# [video] It's the Cuber, Not the Cube



## ~Phoenix Death~ (Apr 21, 2012)




----------



## Hermanio (Apr 21, 2012)

I would like to say otherwise- it MOSTLY depends on the cuber, but the cube can play a big role as well. Getting a Guhong II over my older cube improved my averages by about 4 seconds and PB by 2 seconds and I average around 30 secs. On 3x3 solving it doesn't change much, but when we're talking bigger cubes it makes a huge difference.
As an example I take the Rubik's 4x4 and Shengshou 4x4. My times with the storebought were 3 to 4 minutes depending on lock-ups and ''half-pops''. On the Shengshou my first recorded solve was 2:20 and I have managed to shave at least 30 seconds off of that.
I'd say that cuber vs cube would split into 70/30.


----------



## retep (Apr 21, 2012)

Ya, I agree the cuber plays a much bigger role than the cube, but having a good cube definitely helps. I own 2 cubes, a guhong V2 and a rubik's brand store-bought. On the guhong I average about 24 seconds (+/- about 5 seconds), on my rubik's store-bought I average about 50 seconds and don't even break a minute all the time...


----------



## Godmil (Apr 21, 2012)

Do you actually have beginners saying that they think buying the best cube will definitely make them sub-15 or were you just making stuff up? Cause that video sounded like you were complaining about an extreme opinion which doesn't actually exist.


----------



## MWilson (Apr 22, 2012)

"... Unless you're averaging sub-40 on a Rubik's store-bought ..."

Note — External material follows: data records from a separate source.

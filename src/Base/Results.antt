-- ===== src/Base/Results.antt =====
-- Code that may raise: the value, or the exception.
use mathlib.Core.Path.{◌≡◌, refl}
use mathlib.Core.Logic.{◌⊎◌, inl, inr}
use mathlib.Core.Bool.{Bool, true, false}
use mathlib.Core.List.{List, [], ◌∷◌, map}

pub data Result {ℓ} (E A : Type ℓ) : Type ℓ where
  ok : A → Result E A
  err : E → Result E A

-- `if not b: raise e`
abbrev pub guard {ℓ} : {E : Type ℓ} → Bool → E → Result E (Unit {ℓ})
guard test e = elim test [ true ↦ ok tt | false ↦ err e ]

infixl 5 ◌>>=◌ ◌>>◌
abbrev pub ◌>>=◌ {ℓ} : {E A B : Type ℓ} → Result E A → (A → Result E B) → Result E B
ok a >>= next = next a
err e >>= next = err e

abbrev pub ◌>>◌ {ℓ} : {E B : Type ℓ} → Result E (Unit {ℓ}) → Result E B → Result E B
m >> next = m >>= λ _. next

-- A loop that appends one result for each item, and stops at the first exception.
unfoldable pub traverse {ℓ} : {E A B : Type ℓ} → (A → Result E B) → List A → Result E (List B)
traverse f [] = ok []
traverse f (x ∷ xs) = let rest = traverse f xs in do y ← f x; ys ← rest; ok (y ∷ ys)

module _ {ℓ} {E A B : Type ℓ} where
  pub >>=-eq-ok :
      (m : Result E A) (f : A → Result E B) {b : B}
      → (m >>= f) ≡ ok b
      → (value : A) × (m ≡ ok value) × (f value ≡ ok b)
  >>=-eq-ok (err e) f raised = cc
  >>=-eq-ok (ok value) f same = (value, refl, same)

  pub traverse-ext :
      (f g : A → Result E B) → ((a : A) → f a ≡ g a) → (xs : List A) → traverse f xs ≡ traverse g xs
  unfolding traverse
  traverse-ext f g h [] = refl
  traverse-ext f g h (x ∷ xs) = rw (h x, traverse-ext f g h xs)

module _ {ℓ} {E A B : Type ℓ} where
  pub traverse-ok : (f : A → B) (xs : List A) → traverse {E = E} (λ x. ok (f x)) xs ≡ ok (map f xs)
  unfolding traverse
  traverse-ok f [] = refl
  traverse-ok f (x ∷ xs) = rw (traverse-ok f xs)

pub Result-cases {ℓ} :
    {E A : Type ℓ} (r : Result E A) → ((a : A) × (r ≡ ok a)) ⊎ ((e : E) × (r ≡ err e))
Result-cases (ok a) = inl (a, refl)
Result-cases (err e) = inr (e, refl)
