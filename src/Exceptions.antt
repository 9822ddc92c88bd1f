-- ===== src/Exceptions.antt =====
-- authzkit/exceptions.py: the exceptions that the library's guards and resolvers raise, with their
-- message.
use authz.Base.{String}

pub data AuthzError : Type 0 where
  invalid_request : String → AuthzError
  tenant_not_active : String → AuthzError
  no_active_membership : String → AuthzError
  agent_not_found : String → AuthzError
  agent_not_active : String → AuthzError
  -- The permission, and the message.
  permission_denied : String → String → AuthzError

-- `reason`, the machine-readable code
unfoldable pub reason : AuthzError → String
reason (invalid_request m) = "invalid_request"
reason (tenant_not_active m) = "tenant_not_active"
reason (no_active_membership m) = "no_active_membership"
reason (agent_not_found m) = "agent_not_found"
reason (agent_not_active m) = "agent_not_active"
reason (permission_denied p m) = "missing_permission"
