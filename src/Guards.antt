-- ===== src/Guards.antt =====
-- authzkit/agents, authzkit/tools, authzkit/mcp: enforcement inside an agent's run.
pub mod Agents
pub mod Tools
pub mod Mcp
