-- ===== src/Tenancy/Models.antt =====
-- authzkit/tenancy/models.py and authzkit/agents/models.py: the rows that the stores keep. A status
-- is a text, as in the source.
use authz.Base.{String, Option, List}

pub record Tenant : Type 0 where
  pub id : String
  pub slug : String
  pub name : String
  pub status : String

pub record Application : Type 0 where
  pub id : String
  pub slug : String
  pub name : String
  pub status : String
  pub managed_by : Option String

pub record User : Type 0 where
  pub id : String
  pub display_name : Option String
  pub email : Option String
  pub status : String

pub record ExternalIdentity : Type 0 where
  pub id : String
  pub user_id : String
  pub provider : String
  pub issuer : String
  pub subject : String
  pub external_tenant_id : Option String
  pub email : Option String

pub record Membership : Type 0 where
  pub id : String
  pub tenant_id : String
  pub user_id : String
  pub application_id : Option String
  pub roles : List String
  pub status : String

pub record TenantIdentityMapping : Type 0 where
  pub id : String
  pub tenant_id : String
  pub provider : String
  pub issuer : String
  pub external_tenant_id : String

pub record Agent : Type 0 where
  pub id : String
  pub tenant_id : String
  pub application_id : String
  pub name : String
  pub role : String
  pub status : String
  pub created_by_user_id : Option String
  pub display_name : Option String
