-- ===== src/Rbac/Models.antt =====
-- authzkit/rbac/models.py: permissions and roles. A name is `<resource>.<action>`, and the
-- resource may have dots of its own.
pub mod Names
use Prim.Native.Char.{Char, code}
use Prim.Native.String.{◌++◌}
use authz.Base.{
  String, Bool, false, not, Option, none, some, Result, ok, err, ◌==◌, nat_eq, string_eq,
  if◌then◌else◌,
}

-- f"{resource}.{action}"
unfoldable pub permission_name : String → String → String
permission_name resource action = resource ++ ("." ++ action)

pub data RoleScope : Type 0 where
  platform application tenant agent : RoleScope

pub record Permission : Type 0 where
  pub id : String
  pub name : String
  pub resource : String
  pub action : String
  pub application_id : Option String
  pub description : Option String
  pub deprecated : Bool
  pub critical : Bool

abbrev pub active : Permission → Bool
active p = not p.deprecated

pub record Role : Type 0 where
  pub id : String
  pub name : String
  pub scope : RoleScope
  pub tenant_id : Option String
  pub application_id : Option String
  pub description : Option String
  pub is_system : Bool
  pub agent_id : Option String

-- `name.rpartition(".")`: what stands before and behind the last dot; none without a dot.
abbrev before : Char → Option (String × String) → Option (String × String)
before c none = none
before c (some (resource, action)) = some (String.◌∷◌ c resource, action)

abbrev at_dot : Bool → String → Option (String × String) → Option (String × String)
at_dot dot rest none = if dot then some ("", rest) else none
at_dot dot rest (some p) = some p

unfoldable pub rpartition : String → Option (String × String)
rpartition String.[] = none
rpartition (String.◌∷◌ c s) = let later = rpartition s in at_dot (code c == b'.') s (before c later)

pub data NameError : Type 0 where
  no_dot : String → NameError

abbrev pub or_name : Option String → String → String
or_name none name = name
or_name (some id) name = if id == "" then name else id

-- `id or name`
abbrev pub named : String → Option String → Option String → String → String → Permission
named name id application_id resource action = record {
  id = or_name id name;
  name = name;
  resource = resource;
  action = action;
  application_id = application_id;
  description = none;
  deprecated = false;
  critical = false;
}

-- `Permission.from_name`
abbrev parts_of :
    String → Option String → Option String → Option (String × String) → Result NameError Permission
parts_of name id application_id none = err (no_dot name)
parts_of name id application_id (some (resource, action)) =
    ok (named name id application_id resource action)

unfoldable pub from_name : String → Option String → Option String → Result NameError Permission
from_name name id application_id = parts_of name id application_id (rpartition name)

Even if it was 100% the cuber, making price the only thing worth considering, it still ends up best to get a speed cube. Rubik's store-bought cubes are over-priced as hell. $30 CDN at a local shop here. There's also RSI and the like to consider when practicing on a really bad stiff cube.

Don't get me wrong, I agree with the message that having a really nice speed cube isn't going to make a really significant difference until much later. I just wish people would stop using Rubik's store-bought cubes as the example. Encouraging anyone, even indirectly, _for any reason_, to buy a Rubik's store-bought instead of a ZhanChi or the like is always a terrible idea.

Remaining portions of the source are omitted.